Records shown Block Start

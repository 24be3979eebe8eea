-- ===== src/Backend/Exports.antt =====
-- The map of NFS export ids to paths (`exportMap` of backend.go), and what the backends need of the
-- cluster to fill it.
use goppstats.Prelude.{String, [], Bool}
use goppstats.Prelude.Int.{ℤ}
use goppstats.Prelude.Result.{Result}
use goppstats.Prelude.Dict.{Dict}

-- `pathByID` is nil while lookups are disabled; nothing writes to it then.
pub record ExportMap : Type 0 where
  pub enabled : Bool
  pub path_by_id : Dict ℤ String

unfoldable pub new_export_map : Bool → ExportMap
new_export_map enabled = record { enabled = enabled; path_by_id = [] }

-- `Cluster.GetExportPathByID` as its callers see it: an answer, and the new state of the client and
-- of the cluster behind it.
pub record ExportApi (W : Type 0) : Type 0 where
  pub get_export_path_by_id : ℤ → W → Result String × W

Records shown Block End
Records shown Block Start

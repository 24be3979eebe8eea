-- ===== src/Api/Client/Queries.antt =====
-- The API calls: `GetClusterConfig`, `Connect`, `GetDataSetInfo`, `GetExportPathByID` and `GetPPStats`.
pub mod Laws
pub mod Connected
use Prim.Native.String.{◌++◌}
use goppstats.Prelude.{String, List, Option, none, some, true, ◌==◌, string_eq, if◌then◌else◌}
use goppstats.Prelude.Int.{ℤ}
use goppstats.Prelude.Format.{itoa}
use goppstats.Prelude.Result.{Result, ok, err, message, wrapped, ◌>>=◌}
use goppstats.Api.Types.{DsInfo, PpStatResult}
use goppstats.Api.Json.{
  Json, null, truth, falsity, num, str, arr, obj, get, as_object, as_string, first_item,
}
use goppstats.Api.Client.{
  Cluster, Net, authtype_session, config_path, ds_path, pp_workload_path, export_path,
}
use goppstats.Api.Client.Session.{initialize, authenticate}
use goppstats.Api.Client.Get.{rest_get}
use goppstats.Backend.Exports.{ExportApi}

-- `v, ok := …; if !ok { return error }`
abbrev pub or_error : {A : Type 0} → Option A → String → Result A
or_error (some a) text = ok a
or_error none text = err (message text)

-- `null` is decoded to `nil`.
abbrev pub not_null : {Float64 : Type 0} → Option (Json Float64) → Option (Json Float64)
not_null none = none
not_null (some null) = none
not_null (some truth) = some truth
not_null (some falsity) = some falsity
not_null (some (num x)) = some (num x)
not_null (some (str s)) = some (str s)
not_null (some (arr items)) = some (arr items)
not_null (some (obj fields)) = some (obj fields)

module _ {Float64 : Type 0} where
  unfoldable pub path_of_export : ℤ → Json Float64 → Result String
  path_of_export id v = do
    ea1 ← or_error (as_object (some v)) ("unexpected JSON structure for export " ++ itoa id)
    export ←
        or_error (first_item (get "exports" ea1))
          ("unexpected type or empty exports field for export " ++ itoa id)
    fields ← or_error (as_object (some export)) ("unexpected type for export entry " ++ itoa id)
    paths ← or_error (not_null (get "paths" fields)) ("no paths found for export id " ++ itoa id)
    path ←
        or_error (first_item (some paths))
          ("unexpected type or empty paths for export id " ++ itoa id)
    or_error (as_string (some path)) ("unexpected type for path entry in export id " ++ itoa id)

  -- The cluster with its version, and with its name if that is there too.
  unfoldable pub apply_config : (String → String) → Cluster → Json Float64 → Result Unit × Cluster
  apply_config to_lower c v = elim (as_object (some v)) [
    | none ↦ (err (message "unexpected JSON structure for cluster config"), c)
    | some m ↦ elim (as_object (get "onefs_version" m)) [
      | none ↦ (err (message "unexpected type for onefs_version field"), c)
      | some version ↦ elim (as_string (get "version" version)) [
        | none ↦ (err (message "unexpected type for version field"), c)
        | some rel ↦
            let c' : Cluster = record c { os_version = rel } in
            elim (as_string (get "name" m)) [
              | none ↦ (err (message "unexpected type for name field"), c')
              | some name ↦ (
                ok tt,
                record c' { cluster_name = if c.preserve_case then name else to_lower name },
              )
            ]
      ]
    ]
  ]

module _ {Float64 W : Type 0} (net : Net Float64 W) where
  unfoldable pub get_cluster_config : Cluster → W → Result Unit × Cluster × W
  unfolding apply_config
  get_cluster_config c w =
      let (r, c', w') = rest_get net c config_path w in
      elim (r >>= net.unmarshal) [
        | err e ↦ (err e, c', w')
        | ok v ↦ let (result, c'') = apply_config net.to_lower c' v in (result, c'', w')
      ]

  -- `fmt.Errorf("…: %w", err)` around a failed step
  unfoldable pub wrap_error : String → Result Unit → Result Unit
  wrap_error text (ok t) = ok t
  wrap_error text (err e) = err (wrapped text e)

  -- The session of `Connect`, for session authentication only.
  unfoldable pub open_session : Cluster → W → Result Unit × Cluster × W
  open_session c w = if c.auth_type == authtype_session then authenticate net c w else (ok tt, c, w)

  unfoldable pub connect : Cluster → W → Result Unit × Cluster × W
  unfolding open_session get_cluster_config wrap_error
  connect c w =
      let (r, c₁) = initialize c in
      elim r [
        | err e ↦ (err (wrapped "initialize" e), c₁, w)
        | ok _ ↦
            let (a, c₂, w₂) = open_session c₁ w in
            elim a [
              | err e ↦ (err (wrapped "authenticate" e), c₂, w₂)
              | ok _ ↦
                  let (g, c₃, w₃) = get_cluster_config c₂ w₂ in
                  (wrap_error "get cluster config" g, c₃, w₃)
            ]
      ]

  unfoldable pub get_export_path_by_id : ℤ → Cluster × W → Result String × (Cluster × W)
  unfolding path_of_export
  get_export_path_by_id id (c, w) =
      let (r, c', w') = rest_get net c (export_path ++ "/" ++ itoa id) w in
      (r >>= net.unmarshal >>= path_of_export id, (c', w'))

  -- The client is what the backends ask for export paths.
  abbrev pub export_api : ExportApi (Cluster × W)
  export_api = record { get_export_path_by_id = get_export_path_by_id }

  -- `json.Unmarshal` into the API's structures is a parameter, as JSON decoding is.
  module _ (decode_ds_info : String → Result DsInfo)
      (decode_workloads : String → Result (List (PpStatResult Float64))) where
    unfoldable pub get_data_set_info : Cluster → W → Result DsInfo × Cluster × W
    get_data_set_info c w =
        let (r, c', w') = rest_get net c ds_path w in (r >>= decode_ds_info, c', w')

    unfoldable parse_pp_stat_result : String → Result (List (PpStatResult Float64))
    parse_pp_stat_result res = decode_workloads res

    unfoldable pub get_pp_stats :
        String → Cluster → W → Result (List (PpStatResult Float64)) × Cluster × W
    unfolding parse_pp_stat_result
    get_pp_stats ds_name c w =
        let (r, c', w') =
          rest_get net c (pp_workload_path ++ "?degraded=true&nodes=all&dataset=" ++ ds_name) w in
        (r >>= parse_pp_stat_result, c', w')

Records shown Block End
Records shown Block Start

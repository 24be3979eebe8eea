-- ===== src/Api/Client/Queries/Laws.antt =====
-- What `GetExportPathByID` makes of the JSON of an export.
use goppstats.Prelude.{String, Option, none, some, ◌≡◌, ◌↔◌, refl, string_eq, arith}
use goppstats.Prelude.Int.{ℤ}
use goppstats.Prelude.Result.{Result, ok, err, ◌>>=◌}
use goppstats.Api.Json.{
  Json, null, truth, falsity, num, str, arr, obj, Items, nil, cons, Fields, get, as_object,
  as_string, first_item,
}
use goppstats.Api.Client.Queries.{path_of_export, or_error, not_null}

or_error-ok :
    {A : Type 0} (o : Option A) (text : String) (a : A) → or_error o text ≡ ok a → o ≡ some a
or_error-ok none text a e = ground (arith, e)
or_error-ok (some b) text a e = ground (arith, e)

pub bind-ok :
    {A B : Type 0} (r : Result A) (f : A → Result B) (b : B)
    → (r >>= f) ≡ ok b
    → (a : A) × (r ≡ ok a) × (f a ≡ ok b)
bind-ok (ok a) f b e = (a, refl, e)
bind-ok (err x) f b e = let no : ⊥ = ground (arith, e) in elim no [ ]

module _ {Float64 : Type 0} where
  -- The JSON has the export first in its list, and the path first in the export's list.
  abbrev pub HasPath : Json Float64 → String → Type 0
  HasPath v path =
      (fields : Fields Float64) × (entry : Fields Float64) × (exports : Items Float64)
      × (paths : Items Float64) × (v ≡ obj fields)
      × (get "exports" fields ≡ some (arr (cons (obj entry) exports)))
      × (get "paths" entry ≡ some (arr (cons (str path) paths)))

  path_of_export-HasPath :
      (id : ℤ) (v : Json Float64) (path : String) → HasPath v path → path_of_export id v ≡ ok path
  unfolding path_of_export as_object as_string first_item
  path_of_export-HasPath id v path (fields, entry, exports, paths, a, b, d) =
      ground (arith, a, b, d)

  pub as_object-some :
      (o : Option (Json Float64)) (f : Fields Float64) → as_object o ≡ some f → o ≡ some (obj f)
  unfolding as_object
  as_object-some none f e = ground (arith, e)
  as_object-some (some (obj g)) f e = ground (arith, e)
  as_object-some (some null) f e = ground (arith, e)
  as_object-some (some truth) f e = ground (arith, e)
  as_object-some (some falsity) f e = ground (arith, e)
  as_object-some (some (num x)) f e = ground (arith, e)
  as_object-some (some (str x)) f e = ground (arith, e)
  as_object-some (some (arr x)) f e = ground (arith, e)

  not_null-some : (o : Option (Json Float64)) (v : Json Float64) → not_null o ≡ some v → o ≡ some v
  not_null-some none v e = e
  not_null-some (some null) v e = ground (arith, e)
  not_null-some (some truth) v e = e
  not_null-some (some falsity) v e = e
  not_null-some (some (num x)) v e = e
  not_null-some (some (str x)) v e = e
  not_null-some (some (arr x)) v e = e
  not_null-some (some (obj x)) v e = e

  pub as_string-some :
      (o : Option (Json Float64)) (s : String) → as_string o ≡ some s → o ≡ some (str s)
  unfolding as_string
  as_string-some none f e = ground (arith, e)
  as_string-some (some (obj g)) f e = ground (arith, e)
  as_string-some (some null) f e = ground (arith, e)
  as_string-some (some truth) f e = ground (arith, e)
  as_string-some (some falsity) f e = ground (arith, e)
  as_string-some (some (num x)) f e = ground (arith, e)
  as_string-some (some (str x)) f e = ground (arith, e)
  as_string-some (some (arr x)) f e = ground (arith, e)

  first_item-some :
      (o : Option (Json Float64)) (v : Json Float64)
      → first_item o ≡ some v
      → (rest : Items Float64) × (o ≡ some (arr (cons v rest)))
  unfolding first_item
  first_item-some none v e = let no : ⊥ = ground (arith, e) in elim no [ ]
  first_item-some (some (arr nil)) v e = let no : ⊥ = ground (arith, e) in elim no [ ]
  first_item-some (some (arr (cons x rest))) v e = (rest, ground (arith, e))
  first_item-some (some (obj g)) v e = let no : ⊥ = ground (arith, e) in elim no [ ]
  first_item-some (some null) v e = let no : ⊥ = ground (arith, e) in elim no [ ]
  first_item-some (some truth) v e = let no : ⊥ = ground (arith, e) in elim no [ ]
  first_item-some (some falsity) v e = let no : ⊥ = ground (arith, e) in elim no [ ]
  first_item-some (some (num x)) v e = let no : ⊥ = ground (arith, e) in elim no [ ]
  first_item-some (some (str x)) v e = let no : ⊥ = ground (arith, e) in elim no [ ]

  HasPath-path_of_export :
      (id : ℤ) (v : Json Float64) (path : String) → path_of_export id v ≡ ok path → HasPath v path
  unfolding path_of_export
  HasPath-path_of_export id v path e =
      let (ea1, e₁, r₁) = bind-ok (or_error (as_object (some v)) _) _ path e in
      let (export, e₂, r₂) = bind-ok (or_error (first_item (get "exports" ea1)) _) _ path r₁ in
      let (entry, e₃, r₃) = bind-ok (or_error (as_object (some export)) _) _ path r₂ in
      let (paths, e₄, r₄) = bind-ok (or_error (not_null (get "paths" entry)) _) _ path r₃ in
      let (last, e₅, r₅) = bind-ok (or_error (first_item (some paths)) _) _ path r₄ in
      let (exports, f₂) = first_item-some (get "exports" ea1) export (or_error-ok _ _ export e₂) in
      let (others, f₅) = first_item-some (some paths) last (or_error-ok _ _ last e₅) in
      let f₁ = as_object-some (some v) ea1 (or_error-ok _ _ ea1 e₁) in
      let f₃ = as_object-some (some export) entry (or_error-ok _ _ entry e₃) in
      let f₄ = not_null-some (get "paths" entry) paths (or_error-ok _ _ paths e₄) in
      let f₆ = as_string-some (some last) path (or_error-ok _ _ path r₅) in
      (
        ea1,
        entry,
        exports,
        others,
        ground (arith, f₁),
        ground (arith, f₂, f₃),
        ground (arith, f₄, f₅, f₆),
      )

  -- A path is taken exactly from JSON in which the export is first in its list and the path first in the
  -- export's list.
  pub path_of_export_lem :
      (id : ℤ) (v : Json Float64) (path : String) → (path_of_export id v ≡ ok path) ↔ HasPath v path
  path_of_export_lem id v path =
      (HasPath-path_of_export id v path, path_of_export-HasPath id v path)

Records shown Block End

### Exercise
Please report how many lines of the entries above include "Option". Only the number is wanted.

### Exercise solution
9